I am not sure if I trust myself to go without it.  I would not be sure that I would be going the right pace, especially since my runs have often changed to cross-training in the pass few weeks.  My last 15 miles would have taken forever to finish if I wouldn't have paid attention to my time.  I was going slower than ever and kept on pushing myself to be in my average time for long runs.

Maybe the race would be more enjoyable if I was just going with the idea of "finishing" instead of aiming for a 4 hour limit... I don't know!!!!  I like the idea of focusing on my time but I would also like just to go out there, run, have fun and finish when I finish.

What to do, what to do???

One thing that will be bugging me if I do use it, it's the fact that I will probably run 27 miles with the gps on my wrist and every step pass 26.2 will be a real drag! If I don't wear it I will not focus on that!  I will sleep over this, hopefully 6 nights will be enough for me to make up my mind!


Thursday, October 25, 2012

Deep Water Running is the jam

Last Sunday ended up being a bad idea to run after all.  I did more research on shin splints only to discover that I would have saved myself some trouble (and pain) if I would have taken it more seriously when it wasn't hurting that much.  I am now very close to having a stress fracture... oh well, nothing I can do about it except to really give my leg a rest!

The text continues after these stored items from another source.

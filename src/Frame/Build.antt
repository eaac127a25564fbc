-- ===== src/Frame/Build.antt =====
-- `arc_frame_build` of src/arc_protocol.c beside the wire form of a packet.
use arc_protocol.Prelude.{ℕ, ◌+◌, ◌-◌, ◌/◌, ◌%◌, ◌^◌, ◌≤◌, ◌<◌, ◌≡◌, refl, arith, [], ◌∷◌, ◌++◌}
use arc_protocol.Prelude.{
  ltb-false, ltb, ◌&&◌, false, ltb-true, bit_and, length, take, drop, none, some, ap, sym, ◌∙◌,
  append_assoc, length-append,
}
use arc_protocol.Prelude.{length-take_le, length-drop, take-append-drop, drop-drop}
use arc_protocol.Prelude.Bits.{bit_and_byte}
use arc_protocol.Memory.{Bytes, Ptr, is_null, done, write, u8}
use arc_protocol.Memory.Laws.{write-append, read-append}
use arc_protocol.Crc.{crc16, crc_loop}
use arc_protocol.Crc.Register.{crc_loop-lt}
use arc_protocol.Protocol.{ok}
use arc_protocol.Frame.{store_crc, store_payload, frame_fill, frame_build}
use arc_protocol.Frame.Wire.{Packet, IsPacket, header, body, body_crc, trailer, wire, length-wire}

pub crc16-append :
    (bytes rest : Bytes) (n : ℕ)
    → n ≡ length bytes
    → crc16 (bytes ++ rest) n ≡ done (crc_loop 0xffff bytes)
unfolding crc16
crc16-append bytes rest n e = rw (read-append [] bytes rest 0 n refl e)

write-second :
    (bytes : Bytes) (x l y : ℕ) (rest : Bytes) (n : ℕ)
    → n ≡ length bytes
    → write (bytes ++ (x ∷ l ∷ rest)) (n + 1) (y ∷ []) ≡ done (bytes ++ (x ∷ y ∷ rest))
write-second bytes x l y rest n e =
    ap (λ (m : Bytes). write m (n + 1) (y ∷ [])) (sym (append_assoc bytes (x ∷ []) (l ∷ rest)))
    ∙ write-append (bytes ++ (x ∷ [])) (l ∷ []) rest (y ∷ []) (n + 1)
        (omega (arith, length-append bytes (x ∷ []))) refl
    ∙ ap done (append_assoc bytes (x ∷ []) (y ∷ rest))

u8_high : (v : ℕ) → v < 2 ^ 16 → u8 (v / 2 ^ 8) ≡ v / 256
u8_high v h = omega arith

pub u8_low : (v : ℕ) → u8 (bit_and v 0xff) ≡ v % 256
u8_low v = omega (arith, bit_and_byte v)

-- The two stores put the CRC of what stands before them, and keep what stands behind.
pub store_crc-append :
    (bytes : Bytes) (h l : ℕ) (rest : Bytes) (n : ℕ)
    → n ≡ length bytes
    → store_crc (bytes ++ (h ∷ l ∷ rest)) n
      ≡ done (bytes ++ (trailer (crc_loop 0xffff bytes) ++ rest))
unfolding store_crc
store_crc-append bytes h l rest n e =
    rw
      (
        crc16-append bytes (h ∷ l ∷ rest) n e,
        u8_high (crc_loop 0xffff bytes) (crc_loop-lt bytes 0xffff (omega arith)),
        u8_low (crc_loop 0xffff bytes),
        write-append bytes (h ∷ []) (l ∷ rest) (crc_loop 0xffff bytes / 256 ∷ []) n e refl,
      )
      (write-second bytes (crc_loop 0xffff bytes / 256) l (crc_loop 0xffff bytes % 256) rest n e)

-- The pointer leads to memory that begins with the bytes; NULL serves for none.
abbrev pub Holds : Ptr Bytes → Bytes → Type 0
Holds none bs = bs ≡ []
Holds (some mem) bs = (extra : Bytes) × (mem ≡ bs ++ extra)

store_payload-append :
    (head old rest payload : Bytes) (ptr : Ptr Bytes)
    → length head ≡ 9
    → length old ≡ length payload
    → Holds ptr payload
    → store_payload (head ++ (old ++ rest)) ptr (length payload) ≡ done (head ++ (payload ++ rest))
unfolding store_payload
store_payload-append head [] rest [] none e f h = refl
store_payload-append head [] rest [] (some mem) e f h = refl
store_payload-append head [] rest (b ∷ bs) ptr e f h = absurd (omega arith)
store_payload-append head (o ∷ os) rest [] ptr e f h = absurd (omega arith)
store_payload-append head (o ∷ os) rest (b ∷ bs) none e f h = absurd (cc)
store_payload-append head (o ∷ os) rest (b ∷ bs) (some mem) e f (extra, g) =
    rw
      (
        ltb-true 0 (length (b ∷ bs)) (omega arith),
        g,
        read-append [] (b ∷ bs) extra 0 (length (b ∷ bs)) refl refl,
      )
      (write-append head (o ∷ os) rest (b ∷ bs) 9 (sym e) f)

-- Two bytes at the front of a long enough buffer.
two_bytes :
    (buf : Bytes) → 2 ≤ length buf → (h : ℕ) × (l : ℕ) × (rest : Bytes) × (buf ≡ h ∷ l ∷ rest)
two_bytes [] e = absurd (omega arith)
two_bytes (h ∷ []) e = absurd (omega arith)
two_bytes (h ∷ l ∷ rest) e = (h, l, rest, refl)

abbrev size : Packet → ℕ
size p = 11 + length p.payload

-- The nine header stores write the packet's header.
stored_header :
    (p : Packet)
    → IsPacket p
    → (u8 (size p - 1)
        ∷ p.src
        ∷ p.dst
        ∷ p.flags
        ∷ p.session
        ∷ u8 (p.seq / 2 ^ 8)
        ∷ u8 (bit_and p.seq 0xff)
        ∷ p.family
        ∷ p.type
        ∷ [])
      ≡ header p
stored_header p v = ground (arith, u8_low p.seq, u8_high p.seq)

-- Over a buffer in known parts.
frame_fill-parts :
    (p : Packet) (ptr : Ptr Bytes) (head old : Bytes) (h l : ℕ) (rest : Bytes)
    → IsPacket p
    → Holds ptr p.payload
    → length head ≡ 9
    → length old ≡ length p.payload
    → frame_fill
        (head ++ (old ++ (h ∷ l ∷ rest)))
        p.src
        p.dst
        p.flags
        p.session
        p.seq
        p.family
        p.type
        ptr
        (length p.payload)
        (size p)
      ≡ done (ok (size p), some (wire p ++ rest))
unfolding frame_fill body_crc
frame_fill-parts p ptr head old h l rest v holds e f = rw (
  stored_header p v,
  write-append [] head (old ++ (h ∷ l ∷ rest)) (header p) 0 refl e,
  store_payload-append (header p) old (h ∷ l ∷ rest) p.payload ptr refl f holds,
  store_crc-append (body p) h l rest (9 + length p.payload) (omega arith),
  append_assoc p.payload (trailer (body_crc p)) rest,
)

pub record Parts (n : ℕ) (buf : Bytes) : Type 0 where
  pub head : Bytes
  pub old : Bytes
  pub h : ℕ
  pub l : ℕ
  pub rest : Bytes
  pub head_length : length head ≡ 9
  pub old_length : length old ≡ n
  pub whole : buf ≡ head ++ (old ++ (h ∷ l ∷ rest))
  pub rest_eq : rest ≡ drop (11 + n) buf

-- Any buffer that is long enough falls into such parts.
pub parts : (n : ℕ) (buf : Bytes) → 11 + n ≤ length buf → Parts n buf
parts n buf room =
    let tail = drop n (drop 9 buf) in
    let (h, l, rest, e) =
      two_bytes (drop n (drop 9 buf))
        (omega (arith, length-drop n (drop 9 buf), length-drop 9 buf)) in
    record {
      head = take 9 buf;
      old = take n (drop 9 buf);
      h = h;
      l = l;
      rest = rest;
      head_length = length-take_le 9 buf (omega arith);
      old_length = length-take_le n (drop 9 buf) (omega (arith, length-drop 9 buf));
      whole =
          sym (take-append-drop 9 buf)
          ∙ ap (λ (m : Bytes). take 9 buf ++ m)
              (sym (take-append-drop n (drop 9 buf))
                ∙ ap (λ (m : Bytes). take n (drop 9 buf) ++ m) e);
      rest_eq =
          ap (drop 2) (sym e)
          ∙ ap (drop 2) (drop-drop n 9 buf)
          ∙ drop-drop 2 (9 + n) buf
          ∙ ap (λ (k : ℕ). drop k buf) (omega arith);
    }

pub frame_fill-wire :
    (p : Packet) (ptr : Ptr Bytes) (buf : Bytes)
    → IsPacket p
    → Holds ptr p.payload
    → size p ≤ length buf
    → frame_fill buf p.src p.dst p.flags p.session p.seq p.family p.type ptr
        (length p.payload)
        (size p)
      ≡ done (ok (size p), some (wire p ++ drop (size p) buf))
frame_fill-wire p ptr buf v holds room =
    ap
      (λ (b : Bytes).
        frame_fill b p.src p.dst p.flags p.session p.seq p.family p.type ptr (length p.payload)
          (size p))
      at.whole
    ∙ frame_fill-parts p ptr at.head at.old at.h at.l at.rest v holds at.head_length at.old_length
    ∙ ap (λ (r : Bytes). done (ok (size p), some (wire p ++ r))) at.rest_eq
  where
    at : Parts (length p.payload) buf
    at = parts (length p.payload) buf room

-- NULL comes only with no payload.
Holds-not-bad :
    (ptr : Ptr Bytes) (bs : Bytes) → Holds ptr bs → (is_null ptr && ltb 0 (length bs)) ≡ false
Holds-not-bad none bs e = rw e
Holds-not-bad (some mem) bs h = refl

-- With room for the packet, whose fields have their widths and whose payload fits,
-- `arc_frame_build` writes its wire form at the front of the buffer, keeps the bytes behind it,
-- and returns its length.
pub frame_build-wire :
    (p : Packet) (ptr : Ptr Bytes) (buf : Bytes) (capacity : ℕ)
    → IsPacket p
    → Holds ptr p.payload
    → length (wire p) ≤ capacity
    → capacity ≤ length buf
    → frame_build
        (some buf)
        capacity
        p.src
        p.dst
        p.flags
        p.session
        p.seq
        p.family
        p.type
        ptr
        (length p.payload)
      ≡ done (ok (length (wire p)), some (wire p ++ drop (length (wire p)) buf))
unfolding frame_build
frame_build-wire p ptr buf capacity v holds fits room =
    sized ∙ ap (λ (n : ℕ). done (ok n, some (wire p ++ drop n buf))) (sym wire_size)
  where
    wire_size : length (wire p) ≡ size p
    wire_size = omega (arith, length-wire p)

    sized :
        frame_build
          (some buf)
          capacity
          p.src
          p.dst
          p.flags
          p.session
          p.seq
          p.family
          p.type
          ptr
          (length p.payload)
        ≡ done (ok (size p), some (wire p ++ drop (size p) buf))
    sized =
        rw
          (
            Holds-not-bad ptr p.payload holds,
            ltb-false 241 (length p.payload) v.payload_fits,
            ltb-false capacity (size p) (omega (arith, wire_size)),
          )
          (frame_fill-wire p ptr buf v holds (omega (arith, wire_size)))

I can't say if it's a better idea to take a break from running or to push through.  After all, most of the athletes out there don't stop for every little pain their body feels;  I listen to my body but I have to push further than the limits to know where my limit is...

Since it's my first marathon, following my program gives me some comfort.  After all the book I'm using is written by someone who has plenty of experience on the matter so I trust him more than myself.  Even if I had run every mile out of it I would still feel unprepared so having to rest when I am supposed to run is stressful.  Maybe I need to have more faith in myself.  It's really exciting with the unknown that comes with it but at the same time, I wish I knew what I was getting myself into before it happens. 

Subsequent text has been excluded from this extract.